== Exercise prompt ==
When you spot the word "previous" in a line of the data below, copy that line.

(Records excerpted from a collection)
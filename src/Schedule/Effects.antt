-- ===== src/Schedule/Effects.antt =====
-- apps/gateway/src/runtime_schedule.ts: what an approval leaves in the maps and in the list of events.
use mathlib.Core.Path.{subst}
use mathlib.Core.List.Memᴰ
use blue_tanuki.Base.{
  ℕ, String, ◌≡◌, refl, sym, ap, ◌∙◌, inl, inr, true, false, Option, none, some, Option-cases,
  if◌then◌else◌, Result, ok, thrown,
}
use blue_tanuki.Base.Dict.{get}
use blue_tanuki.Controller.Types.{ScheduleLifecycleEvent}
use blue_tanuki.Schedule.Types.{
  RuntimeSchedule, ScheduleOperation, PendingOperation, CronTask, CronTaskSnapshot, CronScheduler,
  ManagerState,
}
use blue_tanuki.Schedule.Manager.{
  ManagerSetting, is_active, is_delete, active_in, to_cron_task, lifecycle_from_pending,
  on_lifecycle, set_schedule, without_pending, persist,
}
use blue_tanuki.Schedule.Cron.{upsert_task}
use blue_tanuki.Schedule.Approve.{
  upserted, Approved, deleted_schedule, activated_schedule, unscheduled, completed, delete_schedule,
  upsert_in, activation_persisted, activate_schedule, approve_found,
}
use blue_tanuki.Schedule.Consistent.{Fits, IsKeyed}
use blue_tanuki.Schedule.Invariant.{Grows}

-- The maps of one state are those of another, and no event is missing.
abbrev SameMaps : ManagerState → ManagerState → Type 0
SameMaps st next =
    (next.pending ≡ st.pending)
    × (next.pending_by_schedule ≡ st.pending_by_schedule)
    × (next.schedules ≡ st.schedules)
    × Grows st next

completed-SameMaps :
    (st : ManagerState) (p : PendingOperation) (a : Approved) (disk : Result String Unit)
    → SameMaps st (completed st p a disk).1
completed-SameMaps st p a (ok _) = (refl, refl, refl, (λ e m. Memᴰ.append_left _ m))
completed-SameMaps st p a (thrown e) = (refl, refl, refl, (λ e m. m))

unscheduled-SameMaps : (st : ManagerState) (id : String) → SameMaps st (unscheduled st id)
unscheduled-SameMaps st id = elim (Option-cases st.scheduler) [
  | inl without ↦ rw without (refl, refl, refl, (λ e m. m))
  | inr (c, attached) ↦ rw attached (refl, refl, refl, (λ e m. m))
]

upserted-SameMaps :
    (st : ManagerState) (r : Result String CronTaskSnapshot × CronScheduler)
    → SameMaps st (upserted st r).1
upserted-SameMaps st (ok task, c) = (refl, refl, refl, (λ e m. m))
upserted-SameMaps st (thrown e, c) = (refl, refl, refl, (λ e m. m))

-- The schedule that an approved operation leaves under its id.
abbrev pub result_of : PendingOperation → ℕ → RuntimeSchedule
result_of p now = elim p.operation [
  | ScheduleOperation.delete ↦ elim p.previous [
    | none ↦ p.proposed
    | some s ↦ deleted_schedule s now
  ]
  | _ ↦ activated_schedule p now
]

abbrev pub approved_state : ManagerState → String → PendingOperation → ManagerState
approved_state st c p =
    on_lifecycle (without_pending st c p) ScheduleLifecycleEvent.approved (lifecycle_from_pending p)

module _ (setting : ManagerSetting) where
  upsert_in-SameMaps :
      (st : ManagerState) (task : CronTask) (now : ℕ)
      → SameMaps st (upsert_in setting st task now).1
  upsert_in-SameMaps st task now = elim (Option-cases st.scheduler) [
    | inl without ↦ rw without (refl, refl, refl, (λ e m. m))
    | inr (c, attached) ↦
        rw attached (upserted-SameMaps st (upsert_task setting.digest setting.local c task now))
  ]

  activation_persisted-SameMaps :
      (p : PendingOperation) (s : RuntimeSchedule) (disk : Result String Unit)
      (r : Result String (Option ℕ) × ManagerState)
      → SameMaps r.1 (activation_persisted setting p s disk r).1
  activation_persisted-SameMaps p s disk (thrown e, st) = (refl, refl, refl, (λ e m. m))
  activation_persisted-SameMaps p s disk (ok n, st) =
      completed-SameMaps (persist setting.before st) p
        (Approved.activated s.id p.operation s.payload_hash n) disk

  SameMaps-trans : (a b c : ManagerState) → SameMaps a b → SameMaps b c → SameMaps a c
  SameMaps-trans a b c (p, q, r, more) (p1, q1, r1, more1) =
      (p1 ∙ p, q1 ∙ q, r1 ∙ r, (λ e m. more1 e (more e m)))

  activate-SameMaps :
      (st : ManagerState) (p : PendingOperation) (now : ℕ) (disk : Result String Unit)
      → SameMaps
          (set_schedule st (activated_schedule p now))
          (activate_schedule setting st p now disk).1
  activate-SameMaps st p now disk =
      let s = activated_schedule p now in
      let r = upsert_in setting (set_schedule st s) (to_cron_task s) now in
      SameMaps-trans (set_schedule st s) r.1 (activate_schedule setting st p now disk).1
        (upsert_in-SameMaps (set_schedule st s) (to_cron_task s) now)
        (activation_persisted-SameMaps p s disk r)

  delete-SameMaps :
      (st : ManagerState) (p : PendingOperation) (now : ℕ) (disk : Result String Unit)
      (s : RuntimeSchedule)
      → active_in p.previous ≡ some s
      → SameMaps
          (set_schedule st (deleted_schedule s now))
          (delete_schedule setting st p now disk).1
  delete-SameMaps st p now disk s e =
      let listed = unscheduled (set_schedule st (deleted_schedule s now)) s.id in
      rw (e, delete_schedule)
        (SameMaps-trans (set_schedule st (deleted_schedule s now)) listed
          (completed (persist setting.before listed) p (Approved.deleted s.id) disk).1
          (unscheduled-SameMaps (set_schedule st (deleted_schedule s now)) s.id)
          (completed-SameMaps (persist setting.before listed) p (Approved.deleted s.id) disk))

  deletes :
      (st : ManagerState) (c : String) (p : PendingOperation) (now : ℕ) (disk : Result String Unit)
      → p.operation ≡ ScheduleOperation.delete
      → approve_found setting st c p now disk
        ≡ delete_schedule setting (approved_state st c p) p now disk
  deletes st c p now disk e = rw e refl

  activates :
      (st : ManagerState) (c : String) (p : PendingOperation) (now : ℕ) (disk : Result String Unit)
      (op : ScheduleOperation)
      → p.operation ≡ op
      → is_delete op ≡ false
      → (approve_found setting st c p now disk
          ≡ activate_schedule setting (approved_state st c p) p now disk)
        × (result_of p now ≡ activated_schedule p now)
  activates st c p now disk ScheduleOperation.create e other = rw e (refl, refl)
  activates st c p now disk ScheduleOperation.update e other = rw e (refl, refl)
  activates st c p now disk ScheduleOperation.delete e other = cc

  result_of-delete :
      (p : PendingOperation) (now : ℕ) (s : RuntimeSchedule)
      → p.operation ≡ ScheduleOperation.delete
      → p.previous ≡ some s
      → result_of p now ≡ deleted_schedule s now
  result_of-delete p now s e before = rw (e, before) refl

  -- What an approval of a waiting operation lists under the id of its schedule.
  abbrev Resulting : ManagerState → String → PendingOperation → ℕ → Result String Unit → Type 0
  Resulting st c p now disk =
      SameMaps (set_schedule (approved_state st c p) (result_of p now))
        (approve_found setting st c p now disk).1
      × ((result_of p now).id ≡ p.schedule_id)
      × (active_in (some (result_of p now))
          ≡ (if is_delete p.operation then none else some (activated_schedule p now)))

  approve_found-activated :
      (st : ManagerState) (c : String) (p : PendingOperation) (now : ℕ) (disk : Result String Unit)
      → is_delete p.operation ≡ false
      → p.proposed.id ≡ p.schedule_id
      → Resulting st c p now disk
  approve_found-activated st c p now disk other same =
      let (runs, gives) = activates st c p now disk p.operation refl other in
      (
        subst
            (λ s.
              SameMaps (set_schedule (approved_state st c p) s)
                (approve_found setting st c p now disk).1)
            (sym gives)
            (subst
              (λ r. SameMaps (set_schedule (approved_state st c p) (activated_schedule p now)) r.1)
              (sym runs) (activate-SameMaps (approved_state st c p) p now disk)),
        ap (λ s. s.id) gives ∙ same,
        ap (λ s. active_in (some s)) gives
            ∙ ap (λ b. if b then none else some (activated_schedule p now)) (sym other),
      )

  approve_found-deleted :
      (st : ManagerState) (c : String) (p : PendingOperation) (now : ℕ) (disk : Result String Unit)
      (s : RuntimeSchedule)
      → p.operation ≡ ScheduleOperation.delete
      → p.previous ≡ some s
      → is_active s ≡ true
      → s.id ≡ p.schedule_id
      → Resulting st c p now disk
  approve_found-deleted st c p now disk s e before holds same =
      let runs = deletes st c p now disk e in
      let gives = result_of-delete p now s e before in
      (
        subst
            (λ x.
              SameMaps (set_schedule (approved_state st c p) x)
                (approve_found setting st c p now disk).1)
            (sym gives)
            (subst
              (λ r. SameMaps (set_schedule (approved_state st c p) (deleted_schedule s now)) r.1)
              (sym runs)
              (delete-SameMaps (approved_state st c p) p now disk s
                (ap active_in before ∙ ap (λ b. if b then some s else none) holds))),
        ap (λ x. x.id) gives ∙ same,
        ap (λ x. active_in (some x)) gives
            ∙ ap (λ op. if is_delete op then none else some (activated_schedule p now)) (sym e),
      )

  pub approve_found-Resulting :
      (st : ManagerState) (c : String) (p : PendingOperation) (now : ℕ) (disk : Result String Unit)
      (op : ScheduleOperation)
      → p.operation ≡ op
      → Fits (get st.schedules p.schedule_id) p
      → IsKeyed (get st.schedules)
      → p.proposed.id ≡ p.schedule_id
      → Resulting st c p now disk
  approve_found-Resulting st c p now disk ScheduleOperation.create e fits keyed same =
      approve_found-activated st c p now disk (ap is_delete e) same
  approve_found-Resulting st c p now disk ScheduleOperation.update e fits keyed same =
      approve_found-activated st c p now disk (ap is_delete e) same
  approve_found-Resulting st c p now disk ScheduleOperation.delete e fits keyed same =
      let (s, before, listed, holds) = rw e at fits in
      approve_found-deleted st c p now disk s e before holds (keyed p.schedule_id s listed)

== Answer space ==
  | ScheduleOperation.delete ↦ elim p.previous [
      → active_in p.previous ≡ some s
      → p.previous ≡ some s
      → p.previous ≡ some s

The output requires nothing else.